Required work: Copy each line of the records below that has "refreshed" in it.

[Collected data]
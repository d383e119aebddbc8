-- ===== src/FastPath/Attempts.antt =====
-- What the calls of one create request are.
use mathlib.Core.Logic.{◌↔◌}
use fast_sandbox.Base.{
  ◌≡◌, refl, sym, ap, ◌∙◌, ◌⊎◌, inl, inr, ℕ, zero, suc, ◌≤◌, Bool, true, false, not, ◌&&◌, Option,
  none, some, List, [], ◌∷◌, length, String, ◌==◌, text_equality, if◌then◌else◌, ltb, pos, ◌+ℤ◌,
  arith, Bool-cases,
}
use fast_sandbox.Placement.Types.{FastletInfo}
use fast_sandbox.Assignment.{AssignmentEnvelope, valid_envelope}
use fast_sandbox.Orchestrator.{
  CreateDisposition, rejected_before_side_effects, local_conflict, other_error, fastlet_error,
  is_before_side_effects, is_candidate_code, is_candidate_rejection, CreateAnswer, observed,
  no_observation, call_failed, candidate_envelope, assignment_for_candidate,
}
use fast_sandbox.FastPath.{
  CreateEnd, succeeded, retained, context_ended, advance_failed, refresh_failed, rolled_back,
  rollback_failed, no_candidate, is_definite, max_create_candidate_attempts, has_id, CreateTurn,
  CreateAttempt, CreateTrace, assigned, advanced, skip_tried, refreshed, finish_rejected,
  NextAttempts, after_rejection, after_call, attempt_with, attempt_first, provision,
  provision_runtime,
}
use fast_sandbox.FastPath.Budget.{provision-Within}

if-some :
    {A : Type 0}
    → (b : Bool) (x y : A) → (if b then some x else none) ≡ some y
    → (b ≡ true) × (x ≡ y)
if-some true x y e = (refl, cc e)
if-some false x y e = absurd (cc e)

first_of_three : (a b c : Bool) → (a && b && c) ≡ true → a ≡ true
first_of_three a b c h = ground arith

abbrev pub is_observed : CreateAnswer → Bool
is_observed observed = true
is_observed _ = false

module _ {Q : Type 0} (turns : ℕ → CreateTurn Q) (is_owner : Bool) where
  -- A definite rejection: the Fastlet says that it did nothing, for a reason that another may not have; or
  -- the request created the intent and no Fastlet was called.
  abbrev pub Rejected : CreateAnswer → Type 0
  Rejected observed = ⊥
  Rejected no_observation = ⊥
  Rejected (call_failed local_conflict) = is_owner ≡ true
  Rejected (call_failed other_error) = ⊥
  Rejected (call_failed (fastlet_error code disposition)) =
      (disposition ≡ rejected_before_side_effects) × (is_candidate_code code ≡ true)

  -- What the last call, if there was one, says of the end. Only after a definite rejection is there an end
  -- other than success or retention, and the intent is deleted only by the request that created it.
  abbrev pub Ends : Option CreateAnswer → CreateEnd → Type 0
  Ends none succeeded = ⊥
  Ends none retained = ⊥
  Ends none refresh_failed = ⊥
  Ends none rolled_back = ⊥
  Ends none rollback_failed = ⊥
  Ends none _ = Unit {0}
  Ends (some answer) succeeded = answer ≡ observed
  Ends (some answer) retained =
      ((is_owner ≡ false) × Rejected answer) ⊎ ((¬ Rejected answer) × (is_observed answer ≡ false))
  Ends (some answer) refresh_failed = Rejected answer
  Ends (some answer) rolled_back = (is_owner ≡ true) × Rejected answer
  Ends (some answer) rollback_failed = (is_owner ≡ true) × Rejected answer
  Ends (some answer) _ = Rejected answer

  -- Another Fastlet is called only after a definite rejection.
  abbrev pub Permits : Option CreateAnswer → Type 0
  Permits none = Unit {0}
  Permits (some answer) = Rejected answer

  -- The first call is under the given assignment; each other is under the next attempt and route
  -- generation of the same instance, for the Fastlet that is called.
  abbrev pub Succeeds : Option CreateAnswer → AssignmentEnvelope → CreateAttempt Q → Type 0
  Succeeds none a x = x.envelope ≡ a
  Succeeds (some _) a x =
      (x.envelope.attempt ≡ a.attempt +ℤ pos 1)
      × (x.envelope.route_generation ≡ a.route_generation +ℤ pos 1)
      × (x.envelope.instance_generation ≡ a.instance_generation)
      × (x.envelope.fastlet_name ≡ x.target.pod_name)
      × (x.envelope.fastlet_pod_uid ≡ x.target.pod_uid)
      × (valid_envelope x.envelope ≡ true)

  -- Calls of Fastlets that were not tried, after some that were, of which the last gave an answer.
  abbrev pub Orderly :
      List String → AssignmentEnvelope → Option CreateAnswer → CreateTrace Q → Type 0
  Orderly tried a last ([], end') = Ends last end'
  Orderly tried a last (x ∷ rest, end') =
      Permits last
      × (has_id x.target.id tried ≡ false)
      × Succeeds last a x
      × Orderly (x.target.id ∷ tried) x.envelope (some x.answer) (rest, end')

  abbrev is_none : Option CreateAnswer → Bool
  is_none none = true
  is_none (some _) = false

  abbrev Untried : List String → List (FastletInfo Q) → Type 0
  Untried tried [] = Unit {0}
  Untried tried (c ∷ rest) = has_id c.id tried ≡ false

  skip_tried-Untried :
      (tried : List String) (candidates : List (FastletInfo Q))
      → Untried tried (skip_tried turns is_owner tried candidates)
  unfolding skip_tried
  skip_tried-Untried tried [] = tt
  skip_tried-Untried tried (c ∷ rest) = elim (Bool-cases (has_id c.id tried)) [
    | inl e ↦ rw e (skip_tried-Untried tried rest)
    | inr e ↦ rw e e
  ]

  assignment_for_candidate-Succeeds :
      (answer' answer : CreateAnswer) (c : FastletInfo Q) (a b : AssignmentEnvelope) (id : String)
      → assignment_for_candidate c
          (a.attempt +ℤ pos 1)
          a.instance_generation
          (a.route_generation +ℤ pos 1)
          id
        ≡ some b
      → Succeeds (some answer') a (record { target = c; envelope = b; answer = answer })
  unfolding assignment_for_candidate
  assignment_for_candidate-Succeeds answer' answer c a b id e =
      let sent =
        candidate_envelope c (a.attempt +ℤ pos 1) a.instance_generation
          (a.route_generation +ℤ pos 1) id in
      let (valid, same) =
        if-some (valid_envelope sent && not (c.pod_ip == "") && not (c.infra_revision == "")) sent b
          e in
      (
        ap (λ x. x.attempt) (sym same),
        ap (λ x. x.route_generation) (sym same),
        ap (λ x. x.instance_generation) (sym same),
        ap (λ x. x.fastlet_name) (sym same),
        ap (λ x. x.fastlet_pod_uid) (sym same),
        ap valid_envelope (sym same)
            ∙ first_of_three (valid_envelope sent) (not (c.pod_ip == ""))
                (not (c.infra_revision == "")) valid,
      )

  advanced-Succeeds :
      (answer' : CreateAnswer) (t : CreateTurn Q) (c : FastletInfo Q) (a b : AssignmentEnvelope)
      (id : Option String)
      → advanced turns is_owner t c a id ≡ some b
      → Succeeds (some answer') a (record { target = c; envelope = b; answer = t.answer })
  advanced-Succeeds answer' t c a b none e = absurd (cc e)
  advanced-Succeeds answer' t c a b (some id) e = elim (Bool-cases t.is_swapped) [
    | inl s ↦ assignment_for_candidate-Succeeds answer' t.answer c a b id (rw s at e)
    | inr s ↦ absurd (cc (rw s at e))
  ]

  assigned-Succeeds :
      (last : Option CreateAnswer) (t : CreateTurn Q) (c : FastletInfo Q) (a b : AssignmentEnvelope)
      → assigned turns is_owner (is_none last) t c a ≡ some b
      → Succeeds last a (record { target = c; envelope = b; answer = t.answer })
  assigned-Succeeds none t c a b e = cc e
  assigned-Succeeds (some answer') t c a b e = advanced-Succeeds answer' t c a b t.runtime_id e

  is_before_side_effects_iff :
      (d : CreateDisposition)
      → (is_before_side_effects d ≡ true) ↔ (d ≡ rejected_before_side_effects)
  is_before_side_effects_iff d = ground arith

  is_definite-Rejected :
      (answer : CreateAnswer) → (is_definite is_owner answer ≡ true) ↔ Rejected answer
  unfolding is_definite is_candidate_rejection
  is_definite-Rejected observed = ground arith
  is_definite-Rejected no_observation = ground arith
  is_definite-Rejected (call_failed local_conflict) = ground arith
  is_definite-Rejected (call_failed other_error) = ground arith
  is_definite-Rejected (call_failed (fastlet_error code disposition)) =
      ground (arith, is_before_side_effects_iff disposition)

  finish_rejected-Ends :
      (answer : CreateAnswer) (t : CreateTurn Q)
      → Rejected answer
      → Ends (some answer) (finish_rejected turns is_owner t).1
  finish_rejected-Ends answer t h = elim (Bool-cases is_owner) [
    | inl e ↦ elim (Bool-cases t.is_deleted) [
      | inl d ↦ rw (e, d) (refl, rw e at h)
      | inr d ↦ rw (e, d) (refl, rw e at h)
    ]
    | inr e ↦ rw e (inl (refl, rw e at h))
  ]

  -- That the rest of the loop is orderly.
  abbrev Continues : (List String → NextAttempts turns is_owner) → Type 0
  Continues next =
      (tried : List String) (answer : CreateAnswer) (candidates : List (FastletInfo Q))
      (a : AssignmentEnvelope)
      → Rejected answer
      → Orderly tried a (some answer) (next tried candidates a)

  after_rejection-Orderly :
      (next : List String → NextAttempts turns is_owner) (budget : ℕ) (t : CreateTurn Q)
      (tried : List String) (a : AssignmentEnvelope) (answer : CreateAnswer)
      (candidates : Option (List (FastletInfo Q)))
      → Continues next
      → Rejected answer
      → Orderly tried a
          (some answer)
          (after_rejection turns is_owner (next tried) budget t a candidates)
  after_rejection-Orderly next budget t tried a answer none continues h = h
  after_rejection-Orderly next budget t tried a answer (some []) continues h =
      finish_rejected-Ends answer t h
  after_rejection-Orderly next budget t tried a answer (some (c ∷ rest)) continues h =
      elim (Bool-cases (ltb 0 budget)) [
        | inl e ↦ rw e (continues tried answer (c ∷ rest) a h)
        | inr e ↦ rw e (finish_rejected-Ends answer t h)
      ]

  after_call-Orderly :
      (next : List String → NextAttempts turns is_owner) (budget : ℕ) (t : CreateTurn Q)
      (tried : List String) (rest : List (FastletInfo Q)) (a : AssignmentEnvelope)
      (answer : CreateAnswer)
      → Continues next
      → Orderly tried a
          (some answer)
          (after_call turns is_owner (next tried) budget t rest a answer)
  unfolding is_definite
  after_call-Orderly next budget t tried rest a observed continues = refl
  after_call-Orderly next budget t tried rest a no_observation continues = inr ((λ r. r), refl)
  after_call-Orderly next budget t tried rest a (call_failed e) continues =
      elim (Bool-cases (is_definite is_owner (call_failed e))) [
        | inl h ↦ rw h (
            after_rejection-Orderly next budget t tried a (call_failed e)
              (refreshed turns is_owner budget t rest) continues
              ((is_definite-Rejected (call_failed e)).0 h))
        | inr h ↦
            rw h (inr ((λ r. absurd (cc (h, (is_definite-Rejected (call_failed e)).1 r))), refl))
      ]

  ended_early :
      (last : Option CreateAnswer)
      → Permits last
      → Ends last context_ended × Ends last advance_failed × Ends last no_candidate
  ended_early none p = (tt, tt, tt)
  ended_early (some answer) p = (p, p, p)

  attempt_with-Orderly :
      (next : List String → NextAttempts turns is_owner) (budget : ℕ) (t : CreateTurn Q)
      (tried : List String) (c : FastletInfo Q) (rest : List (FastletInfo Q))
      (last : Option CreateAnswer) (a : AssignmentEnvelope) (b : Option AssignmentEnvelope)
      → Continues next
      → Permits last
      → has_id c.id tried ≡ false
      → assigned turns is_owner (is_none last) t c a ≡ b
      → Orderly tried a last (attempt_with turns is_owner (next (c.id ∷ tried)) budget t c rest b)
  attempt_with-Orderly next budget t tried c rest last a none continues p fresh e =
      (ended_early last p).1
  attempt_with-Orderly next budget t tried c rest last a (some b) continues p fresh e = (
    p,
    fresh,
    assigned-Succeeds last t c a b e,
    after_call-Orderly next budget t (c.id ∷ tried) rest b t.answer continues,
  )

  if-Orderly :
      (tried : List String) (a : AssignmentEnvelope) (last : Option CreateAnswer) (b : Bool)
      (x y : CreateTrace Q)
      → Orderly tried a last x
      → Orderly tried a last y
      → Orderly tried a last (if b then x else y)
  if-Orderly tried a last true x y h k = h
  if-Orderly tried a last false x y h k = k

  attempt_first-Orderly :
      (next : List String → NextAttempts turns is_owner) (budget : ℕ) (tried : List String)
      (candidates : List (FastletInfo Q)) (last : Option CreateAnswer) (a : AssignmentEnvelope)
      → Continues next
      → Permits last
      → Untried tried candidates
      → Orderly tried a last
          (attempt_first turns is_owner next budget (is_none last) tried candidates a)
  attempt_first-Orderly next budget tried [] last a continues p fresh = (ended_early last p).2
  attempt_first-Orderly next budget tried (c ∷ rest) last a continues p fresh =
      let t = turns (length tried) in
      if-Orderly tried a last t.has_ended _ _ (ended_early last p).0 (
        attempt_with-Orderly next budget t tried c rest last a
          (assigned turns is_owner (is_none last) t c a) continues p fresh refl)

  provision-Orderly :
      (budget : ℕ) (tried : List String) (candidates : List (FastletInfo Q))
      (last : Option CreateAnswer) (a : AssignmentEnvelope)
      → Permits last
      → Orderly tried a last (provision turns is_owner budget (is_none last) tried candidates a)
  unfolding provision
  provision-Orderly zero tried candidates last a p = (ended_early last p).2
  provision-Orderly (suc budget) tried candidates last a p =
      attempt_first-Orderly (provision turns is_owner budget false) budget tried
        (skip_tried turns is_owner tried candidates) last a
        (λ tried' answer rest b h. provision-Orderly budget tried' rest (some answer) b h) p
        (skip_tried-Untried tried candidates)

  -- Whatever Kubernetes and the Fastlets answer, a create request calls at most 32 Fastlets, none twice.
  -- The first call is under the given assignment; each other is made only after the one before was
  -- rejected definitely, under an assignment to the Fastlet called with the next attempt and route
  -- generation. The intent is deleted, or its deletion tried, only by the request that created it and
  -- after such a rejection; after any other answer than that or success it is retained.
  pub provision_runtime-Orderly :
      (candidates : List (FastletInfo Q)) (a : AssignmentEnvelope)
      → let x = provision_runtime turns is_owner candidates a in
        (length x.0 ≤ 32) × Orderly [] a none x
  unfolding provision_runtime
  provision_runtime-Orderly candidates a = (
    provision-Within turns is_owner max_create_candidate_attempts true [] candidates a,
    provision-Orderly max_create_candidate_attempts [] candidates none a tt,
  )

Answer below:
  CreateAttempt, CreateTrace, assigned, advanced, skip_tried, refreshed, finish_rejected,
              (refreshed turns is_owner budget t rest) continues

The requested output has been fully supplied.